Do I need to install anything to use this command?


----------



## trev (Apr 10, 2016)

Curiously, that command works on my 10.2-STABLE machine, but fails as you indicate on my newly installed 10.3-Release machine.

The solution was `kldload hwpmc` and it works as expected


----------



## user0 (Apr 10, 2016)

PCBSD 10.3 is installed on this machine and it exhibits truly bizarre behaviour.
Apparently, disappearance of xdm had nothing to do with powerd parameter change! AppCafe did that - it got stuck removing one obscure application and I did not notice that, assuming that it should have completed in less than 30 seconds, and rebooted.
After reboot the entire pcbsd-base package was missing and I had to reinstall it with 700+ components.

After reboot powerd runs, and it uses the command line from rc.conf, but there is no frequency scaling anymore.
In light of all these problems with 10.2 and 10.3 I will be downgrading to 10 or 10.1 as this kind of behaviour is so-Linux like, that it is nauseous.


----------



## user0 (Apr 11, 2016)

trev said:


> Curiously, that command works on my 10.2-STABLE machine, but fails as you indicate on my newly installed 10.3-Release machine.
> 
> The solution was `kldload hwpmc` and it works as expected


That command has done nothing for me.
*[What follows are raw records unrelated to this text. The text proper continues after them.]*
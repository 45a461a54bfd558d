-- ===== src/Server/Queue.antt =====
-- The queued requests: do_POST of server.py and the worker that begins one.
use pj_clusterintent.Prelude.{
  ℕ, String, false, some, List, ◌∷◌, ◌≡◌, refl, sym, ap, ◌∙◌, inl, inr, Bool-cases, some_inj,
}
use mathlib.Core.Path.{subst}
use pj_clusterintent.Prelude.Dict
use pj_clusterintent.Prelude.Dict.{get-put}
use pj_clusterintent.Evidence.{RequestState}
use pj_clusterintent.Store.Model.{Request, Store}
use pj_clusterintent.Store.{set_fields}
use pj_clusterintent.Worker.{System, to_state, is_queued, update, begin, is_cancel_requested}
use pj_clusterintent.Server.Routes.{Door, Route, dispatch_post}
use pj_clusterintent.Worker.Laws.{begin_settled, begin_cancelled, begin_started, get-update}
use pj_clusterintent.Server.Laws.{handle_route_reads}
use pj_clusterintent.Server.{Call, handle_route, do_post}
use pj_clusterintent.Server.Waiting.{
  IsWaiting, false_is_not_true, update-IsWaiting, IsWaitingIn, create_request-IsWaiting,
  create_window_request-IsWaiting, continue_session_handler-IsWaiting,
  cancel_request_handler-IsWaiting,
}

handle_route-IsWaiting :
    (route : Route) (c : Call) (y : System) → IsWaitingIn y → IsWaitingIn (handle_route route c y).1
unfolding handle_route
handle_route-IsWaiting Route.no_route c y w = w
handle_route-IsWaiting Route.create_request c y w = create_request-IsWaiting c y w
handle_route-IsWaiting Route.create_window_request c y w = create_window_request-IsWaiting c y w
handle_route-IsWaiting (Route.continue_session sid) c y w =
    continue_session_handler-IsWaiting sid c y w
handle_route-IsWaiting (Route.cancel_request rid) c y w = cancel_request_handler-IsWaiting rid c y w
handle_route-IsWaiting Route.list_sessions c y w =
    subst IsWaitingIn (sym (handle_route_reads Route.list_sessions c y tt)) w
handle_route-IsWaiting Route.serve_guide c y w = w
handle_route-IsWaiting Route.healthz c y w = w
handle_route-IsWaiting Route.serve_llms_txt c y w = w
handle_route-IsWaiting Route.ui_root c y w = w
handle_route-IsWaiting (Route.get_request rid) c y w =
    subst IsWaitingIn (sym (handle_route_reads (Route.get_request rid) c y tt)) w
handle_route-IsWaiting (Route.list_session_requests sid) c y w =
    subst IsWaitingIn (sym (handle_route_reads (Route.list_session_requests sid) c y tt)) w

-- If every queued request of the store stands in the queue, then so it does after a POST, whatever
-- its path and its answer.
pub do_post_forgets_nothing :
    (door : Door) (path : String) (c : Call) (y : System)
    → IsWaitingIn y
    → IsWaitingIn (do_post door path c y).1
unfolding do_post
do_post_forgets_nothing door path c y w = handle_route-IsWaiting (dispatch_post door path) c y w

head_gone :
    (rid : String) (rest : List String) (s : Store) (x : Request)
    → Dict.get rid s.requests ≡ some x
    → is_queued x.state ≡ false
    → IsWaiting s (rid ∷ rest)
    → IsWaiting s rest
head_gone rid rest s x found n w j r h queued = elim (w j r h queued) [
  | inr m ↦ m
  | inl e ↦
      let same : r ≡ x = some_inj (sym h ∙ ap (λ k. Dict.get k s.requests) e ∙ found) in
      elim (false_is_not_true (sym n ∙ ap (λ z. is_queued z.state) (sym same) ∙ queued)) [ ]
]

-- If the request at the head of the queue is in the store and every queued request stands in the
-- queue, then once the worker has begun the head, every queued request stands in the rest.
pub begin_takes_the_head :
    (now : ℕ) (rid : String) (rest : List String) (y : System) (r : Request)
    → Dict.get rid y.store.requests ≡ some r
    → IsWaiting y.store (rid ∷ rest)
    → IsWaiting (begin now rid y).1.store rest
unfolding set_fields
begin_takes_the_head now rid rest y r found w = elim (Bool-cases (is_queued r.state)) [
  | inr n ↦
      subst (λ b. IsWaiting b.1.store rest) (sym (begin_settled now rid y r found n))
        (head_gone rid rest y.store r found n w)
  | inl q ↦ elim (Bool-cases (is_cancel_requested rid y)) [
    | inl c ↦
        subst (λ b. IsWaiting b.1.store rest) (sym (begin_cancelled now rid y r found q c))
          (updated RequestState.cancelled refl)
    | inr c ↦
        subst (λ b. IsWaiting b.1.store rest) (sym (begin_started now rid y r found q c).1)
          (updated RequestState.running refl)
  ]
]
  where
    updated :
        (state : RequestState)
        → is_queued state ≡ false
        → IsWaiting (update now rid (to_state state) y).store rest
    updated state n =
        head_gone rid rest (update now rid (to_state state) y).store
          (set_fields now (to_state state) r) (get-update now rid (to_state state) y r found) n
          (update-IsWaiting now rid state y.store (rid ∷ rest) n w)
Still cannot get the stats, same error.


----------



## trev (Apr 12, 2016)

What does `kldstat` show?


----------



## user0 (Apr 12, 2016)

Will have to check!
Last night I became really desperate and submitted this bug report https://bugs.pcbsd.org/issues/14596
And then it occurred to me to run `powerd -v` and voila! I saw it momentarily dropping to 3800 and 2000, but only for split second and every tiny spike in CPU kicked it back up to 4100, so it practically stayed at 4100 90% of the time and I did not have a chance to notice the short-term drops in frequency using the buggy KDE System Load Viewer applet.

So I ended up replacing hiadaptive with adaptive for the time being.

When using -W 4400 and loading the CPU intensive task on all cores or only 1 core powerd still only used 4100 as max. It never boosted the frequency despite pretty good cooling. Does anybody know if powerd can support the boost frequencies on AMD APU?


----------



## user0 (Apr 13, 2016)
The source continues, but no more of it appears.